There is no doubt that India has tremendous potential as a growing market for both developed and developing nations. In fact, the current global economic slowdown has forced many Western companies to re-think their strategies for investing in India. There are many reasons why this is happening. One is the sheer complexity of the Indian economy with its intricate set of rules and regulations. Another is the widespread perception across the world that Indian growth prospects are far more optimistic than those in the West.
So what can be done about this perception? On one hand, there is the argument that Indian markets offer too many opportunities to foreign companies to invest in. It is claimed that the Indian economy has just under two hundred thousand businesses, and this number is growing very fast. Besides, the government’s focus on improving market penetration for smaller players has resulted in increased competition within the industry. Western companies can easily improve their market penetration by taking advantage of the government’s willingness to promote local manufacturing and distribution, and by helping develop infrastructure in the market.
On the other hand, Indian markets offer too few potential customers. This may not be a problem for companies dealing in consumer products, but it could become a significant impediment for companies dealing in high-end merchandise. Indian consumers are largely price sensitive. Therefore, even if a company can reduce its costs by producing its goods at lower cost, it may still have to face significant competition from companies that have lower fixed costs, and who have higher marketing and product management budgets. What’s more, it’s important to note that even if there are some genuine obstacles such as inefficient distribution systems and disorganization within the Indian market, these problems are likely to improve as the economy becomes more mature over the next few years.

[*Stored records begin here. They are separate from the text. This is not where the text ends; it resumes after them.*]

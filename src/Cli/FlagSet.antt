-- ===== src/Cli/FlagSet.antt =====
-- `FlagSet` of cli/flag_set.go, over the flags that were made (`Flags`, the heap). The Go map
-- `index` is an association list in which each key stands once.
pub mod Laws
pub mod Visible
pub mod Unknown
pub mod Settled
use aliyun_cli.Base.{
  Text, text_eq, ◌==◌, Bool, false, Option, none, some, List, [], ◌∷◌, ◌++◌, length, get_or,
  is_some, if◌then◌else◌, ok, err, panic, and_then, ◌||◌, txt, take, ◌-◌,
}
use aliyun_cli.Cli.Error.{name_duplicated, formation_duplicated, Outcome}
use aliyun_cli.Cli.Flag.{Flag, FlagRef, empty_flag, get_formations, get_value, check_valid}

-- Every flag object, by its pointer.
abbrev pub Flags : Type 0
Flags = List Flag

-- `*p`. No pointer of the program dangles: the laws have the invariant.
abbrev pub deref : Flags → FlagRef → Flag
deref h r = get_or h r empty_flag

abbrev pub Index : Type 0
Index = List (Text × FlagRef)

-- `m[k]`
unfoldable pub index_get : Index → Text → Option FlagRef
index_get [] k = none
index_get ((j, r) ∷ m) k = if text_eq j k then some r else index_get m k

-- `m[k] = r`
unfoldable pub index_put : Index → Text → FlagRef → Index
index_put [] k r = (k, r) ∷ []
index_put ((j, q) ∷ m) k r = if text_eq j k then (j, r) ∷ m else (j, q) ∷ index_put m k r

pub record FlagSet : Type 0 where
  pub flags : List FlagRef
  pub index : Index

-- `NewFlagSet`
abbrev pub new_flag_set : FlagSet
new_flag_set = record { flags = []; index = [] }

-- The loop of `Add` over the formations.
unfoldable pub add_formations : Index → List Text → FlagRef → Outcome Index
add_formations m [] r = ok m
add_formations m (s ∷ ss) r = elim (index_get m s) [
  | some q ↦ panic (formation_duplicated s)
  | none ↦ add_formations (index_put m s r) ss r
]

-- `Add`
unfoldable pub add : Flags → FlagSet → FlagRef → Outcome FlagSet
add h fs r = elim (check_valid (deref h r)) [
  | some p ↦ panic p
  | none ↦
      and_then (add_formations fs.index (get_formations (deref h r)) r)
        (λ m. ok (record { flags = fs.flags ++ (r ∷ []); index = m }))
]

-- `strings.HasSuffix(s, suffix)`
unfoldable pub has_suffix : Text → Text → Bool
has_suffix [] suffix = text_eq [] suffix
has_suffix (c ∷ s) suffix = text_eq (c ∷ s) suffix || has_suffix s suffix

-- `&Flag{Name: name}`, with the alias of a name that ends in "-FILE"
unfoldable pub flag_by_name : Text → Flag
flag_by_name name = record empty_flag {
  name = name;
  aliases = if has_suffix name (txt "-FILE") then take (length name - 5) name ∷ [] else [];
}

-- `AddByName`: the new flag is allocated at the end of the heap.
unfoldable pub add_by_name : Flags → FlagSet → Text → Outcome (FlagRef × FlagSet × Flags)
add_by_name h fs name =
    if is_some (index_get fs.index (b'-' ∷ b'-' ∷ name))
    then err (name_duplicated name)
    else (let h' = h ++ (flag_by_name name ∷ []) in
        and_then (add h' fs (length h)) (λ fs'. ok (length h, fs', h')))

-- `Get`
abbrev pub get : FlagSet → Text → Option FlagRef
get fs name = index_get fs.index (b'-' ∷ b'-' ∷ name)

-- `GetByShorthand`, on the text of the rune
abbrev pub get_by_shorthand : FlagSet → Text → Option FlagRef
get_by_shorthand fs c = index_get fs.index (b'-' ∷ c)

-- `GetValue`
unfoldable pub get_flag_value : Flags → FlagSet → Text → Text × Bool
get_flag_value h fs name = elim (get fs name) [
  | none ↦ ([], false)
  | some r ↦ get_value (deref h r)
]

unfoldable pub contains_ref : List FlagRef → FlagRef → Bool
contains_ref [] r = false
contains_ref (q ∷ qs) r = q == r || contains_ref qs r

-- The loop of `put` over the formations.
unfoldable pub put_formations : Index → List Text → FlagRef → Index
put_formations m [] r = m
put_formations m (s ∷ ss) r = put_formations (index_put m s r) ss r

-- `put`: a formation that is taken passes to the new flag.
unfoldable pub put : Flags → FlagSet → FlagRef → FlagSet
put h fs r = if contains_ref fs.flags r then fs else record {
  flags = fs.flags ++ (r ∷ []);
  index = put_formations fs.index (get_formations (deref h r)) r;
}

-- The first loop of `mergeWith`.
unfoldable pub add_all : Flags → FlagSet → List FlagRef → Outcome FlagSet
add_all h r [] = ok r
add_all h r (f ∷ fs) = and_then (add h r f) (λ r'. add_all h r' fs)

-- The second loop of `mergeWith`, for the filter that its callers give: `f.Persistent`.
unfoldable pub put_persistent : Flags → FlagSet → List FlagRef → FlagSet
put_persistent h r [] = r
put_persistent h r (f ∷ fs) = put_persistent h (if (deref h f).persistent then put h r f else r) fs

-- `mergeWith`; without `from` the set itself is the result.
unfoldable pub merge_with : Flags → FlagSet → Option FlagSet → Outcome FlagSet
merge_with h fs none = ok fs
merge_with h fs (some from) =
    and_then (add_all h new_flag_set fs.flags) (λ r. ok (put_persistent h r from.flags))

Still, even if Indian markets don’t offer much of a competitive advantage to Western companies right now, they should be able to compensate for this deficit in the future with increased sales, and a greater ability to attract investment from the global financial institutions. In fact, given India’s increasingly attractive location – it lies in the Western portion of the South Asian region – the country stands to benefit both from its proximity to the global market, and from the increasing prosperity of the South Asian countries such as India, Bangladesh, and Sri Lanka. Given this, India is quickly becoming one of the major choices of global investors. In fact, the government’s recently announced ‘Make in India’ policy will encourage even larger foreign companies to invest in the country. As a result, India is set to experience a rapid burst of growth in the years ahead.
So, what does this mean for Western companies looking to invest in India? The most important thing to realize is that right now, there are no clear signals that the Indian market will soon be ready to accept larger foreign investment. However, it’s also unlikely that the current global economic situation will allow large multinational companies to invest at full tilt into any one country. If you’re planning to invest in India, the best advice is to wait and watch.
There is every possibility that the Indian market will remain an untapped minefield over the next decade. The future of the world economy remains highly uncertain at this point in time, but it’s also true that the Indian economy has come so far in recent years that it will take some time for the market to catch up with all the new developments. But despite the current challenges, India still offers enormous opportunity for companies looking to expand their business footprint and attract investment from international markets. Over the next decade, India has the potential to become a developed market – one that can rival the advanced economies of Europe and America – meaning that if you want to invest in India you stand to benefit not just from the political stability and good economy, but also from the opportunities that are present in one of the fastest growing but least leveraged economies in the world.